字段折叠就是按特定字段进行合并去重,比如我们有一个菜谱搜索,我希望按菜谱的“菜系”字段进行折叠,即返回结果每个菜系都返回一个结果,也就是按菜系去重,我搜索关键字“鱼”,要去返回的结果里面各种菜系都有,有湘菜,有粤菜等,别全是湘菜,通过按特定字段折叠之后,来丰富搜索结果的多样性。
案例源码工程:
https://github.com/rookieygl/bboss-wiki
本案例以Elasticsearch开源java rest client客户端bboss开发:
https://esdoc.bbossgroups.com/#/README
本案例以Elasticsearch7.0.0版本,bboss7.3.1单元测试时,建议版本选择不要太低
DSL的配置文件resources/esmapper/field_collapsing.xml,本文涉及到的DSL都会放到该配置文件,测试代码FieldCollapsing。
字段折叠实现方式和效果:
- 折叠+取 inner_hits 分两阶段执行(组合聚合的方式只有一个阶段),所以 top hits 永远是精确的。
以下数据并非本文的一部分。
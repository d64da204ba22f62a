-- ===== src/Client/Typing.antt =====
-- The loop of `fn_user_input` of client/user_input.cpp. What the system answers in a round is an
-- argument, a round after the other.
pub mod Lines
use inf.Base.{
  Bool, List, Option, Outcome, Str, [], eq_str, eq_ℕ, false, if◌then◌else◌, none, ok, some, true,
  ◌>>=◌, ◌∷◌,
}
use inf.Client.Input.{UserInput, UserInputData, input_quit, read_command}
use inf.Server.Connections.{eq_address}

-- `must_terminate` before the line is asked for, the line, `none` at the end of the input, and
-- `must_terminate` after it.
pub record InputRound : Type 0 where
  pub told_before : Bool
  pub line : Option Str
  pub told_after : Bool

-- The commands that are written, and whether the thread is left.
abbrev pub Typed : Type 0
Typed = List UserInput × Bool

-- A command to quit is the last; any other is followed by those of the later rounds.
abbrev pub after_command : Option UserInput → Outcome Typed → Outcome Typed
after_command none later = later
after_command (some input_quit) later = ok (input_quit ∷ [], true)
after_command (some c) later = later >>= λ t. ok (c ∷ t.0, t.1)

-- What is done with the line.
abbrev pub after_line :
    (uninitialised : UserInputData) (username : Str)
    → Option Str
    → Bool
    → Outcome Typed
    → Outcome Typed
after_line uninitialised username none told later = ok (input_quit ∷ [], true)
after_line uninitialised username (some buffer) told later =
    if told
    then ok ([], true)
    else read_command uninitialised username buffer >>= λ c. after_command c later

unfoldable pub fn_user_input : UserInputData → Str → List InputRound → Outcome Typed
fn_user_input uninitialised username [] = ok ([], false)
fn_user_input uninitialised username (r ∷ rounds) =
    let later = fn_user_input uninitialised username rounds in
    if r.told_before
    then ok ([], true)
    else after_line uninitialised username r.line r.told_after later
- 字段折叠只在 top hits 层执行,不需要每次都在完整的结果集上对为每个折叠主键计算实际的 doc values 值,只对 top hits 这小部分数据操作就可以,和 term agg 相比要节省很多内存。因为只在 top hits 上进行折叠,所以相比组合聚合的方式,速度要快很多。
- 折叠 top docs 不需要使用全局序列(global ordinals)来转换 string,相比 agg 这也节省了很多内存。
- 分页成为可能,和常规搜索一样,具有相同的局限,先获取 from+size 的内容,再合并。
- search_after 和 scroll 暂未实现,不过具备可行性。
- 折叠只影响搜索结果,不影响聚合,搜索结果的 total 是所有的命中纪录数,去重的结果数未知(无法计算)。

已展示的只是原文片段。